EXERCISE REQUIREMENTS:
Please return the lines below verbatim, beginning at the one that has "DistinctUids-sort (m ∷" and stopping after the one that has "abbrev pub folder_view", and add no other lines.

BEGIN ENTRIES PROVIDED

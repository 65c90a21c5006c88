-- ===== src/Store/Purge/Retention.antt =====
-- PurgeFolder of internal/store/messages_purge.go against the retention window it promises.
use nexus_mail.Base.{
  ℕ, true, false, not, List, [], ◌∷◌, ◌≡◌, ap, sym, ◌∙◌, filter, filter-and, All, ◌==◌, arith,
  Bool-cases, inl, inr,
}
use nexus_mail.Base.Sorting.{sort, insert, filter-sort, All-insert, All-sort}
use nexus_mail.Base.Text.{Unicode}
use nexus_mail.Model.{Message, RetentionPolicy}
use nexus_mail.Model.Flags.{enabled}
use nexus_mail.Store.{Db, is_in}
use nexus_mail.Store.Messages.{in_folder, newer_first}
use nexus_mail.Store.Delta.{delete_messages_by_uid}
use nexus_mail.Store.Deletions.{in_folder-delete, delete-others}
use nexus_mail.Store.Purge.Loop.{
  DistinctUids, is_flagged, is_recent, within_cap, left-is_recent, spared-all,
}
use nexus_mail.Store.Purge.{expired_loop, expired_uids, purge_folder}

newer_first_total : (a b : Message) → newer_first a b ≡ false → newer_first b a ≡ true
unfolding newer_first
newer_first_total a b h = ground arith

newer_first_trans :
    (a b c : Message) → newer_first a b ≡ true → newer_first b c ≡ true → newer_first a c ≡ true
unfolding newer_first
newer_first_trans a b c h k = ground arith

DistinctUids-insert :
    (m : Message) (ms : List Message)
    → All (λ x. (m.uid == x.uid) ≡ false) ms
    → DistinctUids ms
    → DistinctUids (insert newer_first m ms)
unfolding insert
DistinctUids-insert m [] h d = (tt, tt)
DistinctUids-insert m (x ∷ ms) h d = elim (Bool-cases (newer_first m x)) [
  | inl first ↦ rw first (h, d)
  | inr later ↦
      let apart : (x.uid == m.uid) ≡ false = ground (arith, h.0) in
      rw later (
        All-insert newer_first (λ y. (x.uid == y.uid) ≡ false) m ms apart d.0,
        DistinctUids-insert m ms h.1 d.1,
      )
]

DistinctUids-sort : (ms : List Message) → DistinctUids ms → DistinctUids (sort newer_first ms)
unfolding sort
DistinctUids-sort [] d = tt
DistinctUids-sort (m ∷ ms) d =
    DistinctUids-insert m (sort newer_first ms)
      (All-sort newer_first (λ x. (m.uid == x.uid) ≡ false) ms d.0) (DistinctUids-sort ms d.1)

-- A folder as a window shows it: newest first.
abbrev pub folder_view : ℕ → Db → List Message
folder_view folder_id db = sort newer_first (in_folder folder_id db)

folder_view-delete :
    (folder_id : ℕ) (doomed : List ℕ) (db : Db)
    → folder_view folder_id (delete_messages_by_uid folder_id doomed db)
      ≡ filter (λ m. not (is_in doomed m.uid)) (folder_view folder_id db)
folder_view-delete folder_id doomed db =
    ap (sort newer_first) (in_folder-delete folder_id doomed db)
    ∙ sym (
        filter-sort newer_first newer_first_total newer_first_trans (λ m. not (is_in doomed m.uid))
          (in_folder folder_id db))

-- A purge under a policy with a limit, of a folder whose UIDs are distinct. Of the unflagged
-- messages, newest first, those that the age limit keeps stay, up to the cap, and no other; every
-- flagged message stays; and no other folder changes.
pub purge_folder-keeps :
    (u : Unicode) (now folder_id : ℕ) (policy : RetentionPolicy) (db : Db)
    → enabled policy ≡ true
    → DistinctUids (in_folder folder_id db)
    → (filter
          (λ m. not (is_flagged u m))
          (folder_view folder_id (purge_folder u now folder_id policy db).1)
        ≡ within_cap u now policy 0 (filter (is_recent u now policy) (folder_view folder_id db)))
      × (filter (is_flagged u) (folder_view folder_id (purge_folder u now folder_id policy db).1)
          ≡ filter (is_flagged u) (folder_view folder_id db))
      × (filter
            (λ m. not (m.folder_id == folder_id))
            (purge_folder u now folder_id policy db).1.messages
          ≡ filter (λ m. not (m.folder_id == folder_id)) db.messages)
unfolding purge_folder expired_uids
purge_folder-keeps u now folder_id policy db on distinct =
    let view = folder_view folder_id db in
    let doomed = expired_loop u now policy 0 view in
    let d = DistinctUids-sort (in_folder folder_id db) distinct in
    rw on (
      ap (filter (λ m. not (is_flagged u m))) (folder_view-delete folder_id doomed db)
          ∙ filter-and _ _ view
          ∙ left-is_recent u now policy 0 view d,
      ap (filter (is_flagged u)) (folder_view-delete folder_id doomed db)
          ∙ filter-and _ _ view
          ∙ spared-all u now policy 0 view d,
      delete-others folder_id doomed db,
    )
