-- ===== src/Ticket/Tests.antt =====
-- crates/drv-thru/src/ticket.rs: runs of the store at concrete tickets.
use drv_thru.Base.{ℕ, ◌≡◌, ◌≢◌, ◌≤◌, ◌↔◌, refl, true, false, List, [], ◌∷◌, Option, none, some, ok}
use drv_thru.Text.{Text, codes}
use drv_thru.Ticket.{
  TicketRecord, CreateTicket, Tickets, TicketFile, absent, holds, Iroh, Env, create, revoke, check,
  ticket_id, revoked_record,
}
use drv_thru.Ticket.Validity.{Accepted, check_iff}
use drv_thru.Ticket.Calls.{Call, redeems, run, redemptions, found_in, Holds}
use drv_thru.Ticket.Runs.{run-conserves, redemptions-bounded, revoke-check}

abbrev iroh : Iroh
iroh = record {
  parse_id = λ t. if_empty t;
  public_text = λ secret. secret ∷ [];
  encode_ticket = λ secret. 100 ∷ secret ∷ [];
}
  where
    if_empty : Text → Option ℕ
    if_empty [] = none
    if_empty (c ∷ t) = some c

abbrev at : ℕ → Env
at now = record { now = some now; secret = 7; lock_ok = true; read_ok = true; write_ok = true }

abbrev options : CreateTicket
options = record {
  name = none;
  bound_client = some (9 ∷ []);
  expires_after = 50;
  uses_remaining = some 2;
  max_build_time = codes "1h";
  max_upload_bytes = codes "1GiB";
}

abbrev calls : List Call
calls =
    redeems (at 110) 7 9 ∷ redeems (at 111) 7 8 ∷ redeems (at 120) 7 9 ∷ redeems (at 121) 7 9 ∷ []

abbrev stored : TicketRecord
stored = record {
  encoded_ticket = 100 ∷ 7 ∷ [];
  created_at_unix = 100;
  name = some (codes "ticket-100");
  expires_at_unix = 150;
  uses_remaining = some 2;
  max_build_time = codes "1h";
  max_upload_bytes = codes "1GiB";
  bound_client = some (9 ∷ []);
  revoked = false;
}

abbrev file : TicketFile
file = holds ((7 ∷ [], stored) ∷ [])

created :
    create iroh (at 100) absent options ≡ (file, ok (record { encoded = 100 ∷ 7 ∷ []; secret = 7 }))
unfolding create
created = refl

is_found : found_in (7 ∷ []) file ≡ some stored
unfolding found_in
is_found = refl

-- One redemption of another client and one too many fail.
redeemed_twice : redemptions iroh (7 ∷ []) calls file ≡ 2
unfolding redemptions
redeemed_twice = refl

revoked :
    revoke iroh (at 130) file (7 ∷ [])
    ≡ (holds ((7 ∷ [], revoked_record iroh stored) ∷ []), ok (revoked_record iroh stored))
unfolding revoke
revoked = refl

id_7 : ticket_id iroh 7 ≡ 7 ∷ []
unfolding ticket_id
id_7 = refl

check_iff_example :
    (check iroh (at 149) file 7 9 ≡ ok stored)
    ↔ ((tickets : Tickets) × Accepted iroh (at 149) file 7 9 tickets stored)
check_iff_example = check_iff iroh (at 149) file 7 9 stored

run-conserves_example :
    Holds iroh (7 ∷ []) stored (run iroh calls file) (redemptions iroh (7 ∷ []) calls file)
run-conserves_example = run-conserves iroh calls (7 ∷ []) file stored is_found

redemptions-bounded_example : redemptions iroh (7 ∷ []) calls file ≤ 2
redemptions-bounded_example = redemptions-bounded iroh calls (7 ∷ []) file stored 2 is_found refl

revoked_7 :
    revoke iroh (at 130) file (ticket_id iroh 7)
    ≡ (holds ((7 ∷ [], revoked_record iroh stored) ∷ []), ok (revoked_record iroh stored))
unfolding revoke ticket_id
revoked_7 = refl

revoke-check_example :
    check iroh (at 140) (run iroh calls (holds ((7 ∷ [], revoked_record iroh stored) ∷ []))) 7 9
    ≢ ok stored
revoke-check_example =
    revoke-check iroh (at 130) 7 file (holds ((7 ∷ [], revoked_record iroh stored) ∷ []))
      (revoked_record iroh stored) calls (at 140) 9 stored revoked_7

END ENTRIES PROVIDED

TASK RESULT:
DistinctUids-sort (m ∷ ms) d =
    DistinctUids-insert m (sort newer_first ms)
      (All-sort newer_first (λ x. (m.uid == x.uid) ≡ false) ms d.0) (DistinctUids-sort ms d.1)

-- A folder as a window shows it: newest first.
abbrev pub folder_view : ℕ → Db → List Message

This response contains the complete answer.